2. Suzuki Reaction
It is an organic reaction, classified as a cross-coupling reaction, where the
coupling partners are a boronic acid and an organohalide. The catalyst being
used is a palladium complex.
• The Suzuki Reaction is an important type of coupling reaction, a designation
that encompasses a variety of processes that combine (or “couple”) two
hydrocarbon fragments with the aid of a catalyst.
• The reaction can conjoin a variety of aryl halides and alkenyl
halides with alkenyl boranes and aryl boronic acids.
• Commonly referred to as the Suzuki cross-coupling
• An important method of synthesizing many styrene, alkenes, and biphenyls.
3. Akira Suzuki
Japanese chemist
Nobel Prize in 2010
first published the Suzuki reaction, the organic reaction of an aryl- or
vinyl-boronic acid with an aryl- or vinyl-halide catalyzed by a
palladium complex, Reported in 1979 by Akira Suzuki and N. Miyaura.

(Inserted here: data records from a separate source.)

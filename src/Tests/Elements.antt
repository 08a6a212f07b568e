-- ===== src/Tests/Elements.antt =====
-- Results about hashes, sets and their elements at concrete inputs.
use lancelot.Base.{
  ◌≡◌, refl, false, none, some, List, [], ◌∷◌, ◌++◌, Bytes, codes, bytes_eq, bytes_lt, replicate,
  arith,
}
use lancelot.Base.Int.{int64_of, uint64_of, pos}
use lancelot.Base.BigEndian.{be_bytes, be_value}
use lancelot.Utils.Bytes.{prefix_next, bump_loop}
use lancelot.Utils.Hash.{get_shard, sum64}
use lancelot.Store.Kv.{found}
use lancelot.Store.Error.{Result, ok}
use lancelot.Store.Txn.{Txn, get, put, del, lock_first, write, erase}
use lancelot.Store.Scan.{list, list_loop}
use lancelot.Command.Object.{
  Object, Slice, hash_type, set_type, object_encode, object_decode, object_key, object_value_key,
  ttl_key, get_key_bytes, is_simple, disable_count,
}
use lancelot.Command.Object.Codec.{IsEncodable, decoded}
use lancelot.Command.Count.{get_count, new_count, set_count, encode_count, decode_count}
use lancelot.Command.Access.{
  new_object, set_txn_object, write_object, count_change, size_count, add_to_count, with_object,
  get_txn_object, examine, drop_expired,
}
use lancelot.Command.Access.Reads.{Stored, absent, present}
use lancelot.Command.Reply.{simple_int, respond}
use lancelot.Command.Elements.{
  encode_value, decode_value, find, write_element, store_count, element_count, count_element,
  put_or_delete_kv, create_uuid_object, get_or_create_uuid_object,
}
use lancelot.Command.Elements.Codec.{decode_value-encode_value}
use lancelot.Command.Elements.Open.{HasObject, IsShortKey, opened}
use lancelot.Command.Elements.Create.{Fits}
use lancelot.Command.Hash.Read.{hget, get_field, hgetall, list_fields, collect, both_kv}
use lancelot.Command.Hash.Write.{
  element, put_field, set_old, set_field, hset_loop, hset, remove_old, remove_field, remove_loop,
  hdel_handle,
}
use lancelot.Command.Hash.Get.{hget-hset}
use lancelot.Command.Hash.Delete.{hget-hdel_handle}
use lancelot.Command.Hash.All.{IsReadable, value_of, hgetall-hget}
use lancelot.Command.Set.Read.{sismember}
use lancelot.Command.Set.Write.{add_old, add_member, sadd_loop, sadd}
use lancelot.Command.Set.Contains.{sismember-sadd}
use lancelot.Command.Set.Merged.{union}
use lancelot.Command.Set.Union.{union-total}
use lancelot.Tests.Memory.{mem_kv, mem_laws, mem_scan, txn_on}
use lancelot.Tests.Memory.Table.{Log}

decode_value-encode_value_example :
    decode_value (encode_value (record { timestamp = 7; value = codes "x" }))
    ≡ some (record { timestamp = 7; value = codes "x" })
decode_value-encode_value_example =
    decode_value-encode_value (record { timestamp = 7; value = codes "x" }) (omega arith)

-- A hash at the key "h", with "x" in its field "a".
abbrev fields : Object
fields = record {
  user_id = 258;
  db = 3;
  key = codes "h";
  typo = hash_type;
  ttl = pos 6000;
  timestamp = 7;
  value = some (replicate 16 1);
  hash = 5;
  extra = some (1 ∷ []);
}

abbrev name : Bytes
name = codes "h"

abbrev hash_log : Log
hash_log =
    (object_key fields, found (object_encode fields))
    ∷ (object_value_key fields (codes "a"), found (be_bytes 8 7 ++ codes "x"))
    ∷ []

abbrev t1 : Txn mem_kv
t1 = txn_on hash_log

fields-IsEncodable : IsEncodable fields
unfolding is_simple
fields-IsEncodable = record {
  ttl_range = record { above = omega arith; below = omega arith };
  timestamp_range = omega arith;
  hash_range = omega arith;
  no_extra = λ e. absurd (ground arith);
  uuid = λ e. refl;
}

fields-Stored : Stored t1 (object_key (new_object t1 hash_type name)) (present fields)
unfolding bytes_eq new_object object_key get_key_bytes be_bytes
fields-Stored = (refl, fields-IsEncodable)

has_fields : HasObject t1 hash_type name fields
has_fields = (fields-Stored, refl, refl)

short : IsShortKey t1 hash_type name
unfolding new_object object_key get_key_bytes be_bytes
short = omega arith

abbrev uuid : Bytes
uuid = replicate 16 2

fits : Fits t1 hash_type name uuid
fits = record {
  short_key = short;
  uuid_type = (λ e. absurd (ground (arith, e)), λ e. absurd (ground (arith, e)));
  uuid_size = refl;
  timestamp_range = omega arith;
  hash_range = omega arith;
}

old_value : (hget name (codes "a") t1).0 ≡ ok (some (codes "x"))
unfolding hget with_object get_txn_object examine drop_expired get_field find decode_value be_value
    get new_object object_key object_value_key get_key_bytes be_bytes object_encode object_decode
    is_simple bytes_eq int64_of uint64_of
old_value = refl

abbrev given : List Bytes
given = codes "a" ∷ codes "y" ∷ codes "b" ∷ codes "z" ∷ []

set_done : (hset (ok uuid) name given false t1).0 ≡ ok 1
unfolding hset hset_loop set_field set_old put_field element encode_value get_or_create_uuid_object
    create_uuid_object with_object get_txn_object examine drop_expired find get put lock_first write
    put_or_delete_kv write_element count_element element_count store_count get_count new_count
    set_count encode_count decode_count get_shard sum64 new_object object_key object_value_key
    get_key_bytes be_bytes object_encode object_decode is_simple bytes_eq be_value disable_count
set_done = refl

hget-hset_example :
    (hget name (codes "a") (hset (ok uuid) name given false t1).1).0 ≡ ok (some (codes "y"))
unfolding bytes_eq
hget-hset_example =
    hget-hset mem_laws uuid name (codes "a") given (present fields) t1 1 (some (codes "x")) fits
      has_fields tt (omega arith) old_value set_done

delete_done : (hdel_handle (name ∷ codes "b" ∷ codes "a" ∷ []) t1).0 ≡ simple_int (pos 1)
unfolding hdel_handle remove_loop remove_field remove_old with_object get_txn_object examine
    drop_expired find get del lock_first erase put_or_delete_kv write_element count_element
    element_count store_count get_count new_count set_count put write encode_count decode_count
    get_shard sum64 new_object object_key object_value_key get_key_bytes be_bytes object_encode
    object_decode is_simple bytes_eq be_value disable_count respond
delete_done = refl

hget-hdel_handle_example :
    (hget name (codes "a") (hdel_handle (name ∷ codes "b" ∷ codes "a" ∷ []) t1).1).0 ≡ ok none
unfolding bytes_eq
hget-hdel_handle_example =
    hget-hdel_handle mem_laws name (codes "b") (codes "a") (codes "a" ∷ []) (present fields) t1
      (pos 1) (some (codes "x")) short has_fields (omega arith) old_value delete_done

abbrev listed : List Slice
listed = some (codes "a") ∷ some (codes "x") ∷ []

all_done : (hgetall name both_kv 0 t1).0 ≡ ok listed
unfolding hgetall list_fields list list_loop collect bytes_lt prefix_next bump_loop with_object
    get_txn_object examine drop_expired get decode_value new_object object_key object_value_key
    get_key_bytes be_bytes object_encode object_decode is_simple bytes_eq be_value int64_of
    uint64_of
all_done = refl

readable : IsReadable mem_scan t1 (opened t1 hash_type name fields)
unfolding new_object object_key object_value_key get_key_bytes be_bytes bytes_lt prefix_next
    bump_loop decoded bytes_eq is_simple
readable = record {
  prefix_bytes = ground arith;
  ends = refl;
  few = omega arith;
  byte_keys = ground arith;
}

hgetall-hget_example : value_of (codes "a") listed ≡ some (codes "x")
hgetall-hget_example =
    hgetall-hget mem_scan name (codes "a") fields t1 listed (some (codes "x")) short has_fields
      readable all_done old_value

abbrev t0 : Txn mem_kv
t0 = txn_on []

absent_short : IsShortKey t0 set_type name
unfolding new_object object_key get_key_bytes be_bytes
absent_short = omega arith

absent-Fits : Fits t0 set_type name uuid
absent-Fits = record {
  short_key = absent_short;
  uuid_type = (λ e. absurd (ground (arith, e)), λ e. absurd (ground (arith, e)));
  uuid_size = refl;
  timestamp_range = omega arith;
  hash_range = omega arith;
}

not_member : (sismember name (codes "m") t0).0 ≡ ok (pos 0)
unfolding sismember with_object get_txn_object get new_object object_key get_key_bytes be_bytes
not_member = refl

add_done : (sadd (ok uuid) name (codes "m" ∷ codes "n" ∷ codes "m" ∷ []) false t0).0 ≡ ok 2
unfolding sadd sadd_loop add_member add_old encode_value get_or_create_uuid_object
    create_uuid_object set_txn_object write_object count_change size_count add_to_count
    object_encode ttl_key with_object get_txn_object find get put lock_first write put_or_delete_kv
    write_element count_element element_count store_count get_count new_count set_count encode_count
    decode_count get_shard sum64 new_object object_key object_value_key get_key_bytes be_bytes
    is_simple bytes_eq be_value disable_count element
add_done = refl

sismember-sadd_example :
    (sismember name
      (codes "m")
      (sadd (ok uuid) name (codes "m" ∷ codes "n" ∷ codes "m" ∷ []) false t0).1).0
    ≡ ok (pos 1)
unfolding bytes_eq
sismember-sadd_example =
    sismember-sadd mem_laws uuid name (codes "m") (codes "m" ∷ codes "n" ∷ codes "m" ∷ []) absent t0
      2 (pos 0) absent-Fits refl (λ m. refl) (omega arith) not_member add_done

union-total_example :
    (r : Result Bytes (List Slice)) × (u : Txn mem_kv) × (union (name ∷ name ∷ []) t0 ≡ some (r, u))
union-total_example = union-total (name ∷ name ∷ []) t0

abbrev other_key : Bytes
other_key = object_value_key fields (codes "b")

4. Mechanism of Suzuki Reaction
• Palladium catalyzed cross-coupling reactions, between an organic
halide and an organometallic reagent, that forge carbon-carbon bonds
constitute one of the central pillars of modern-day organic synthesis.
• Three sequential mechanistic events define the general catalytic cycle
1. oxidative addition of the organic halide to palladium (0) to form a
palladium (II) complex
• 2. trans metalation i.e. transfer of the organic portion of the
organometallic reagent to the palladium (II) center.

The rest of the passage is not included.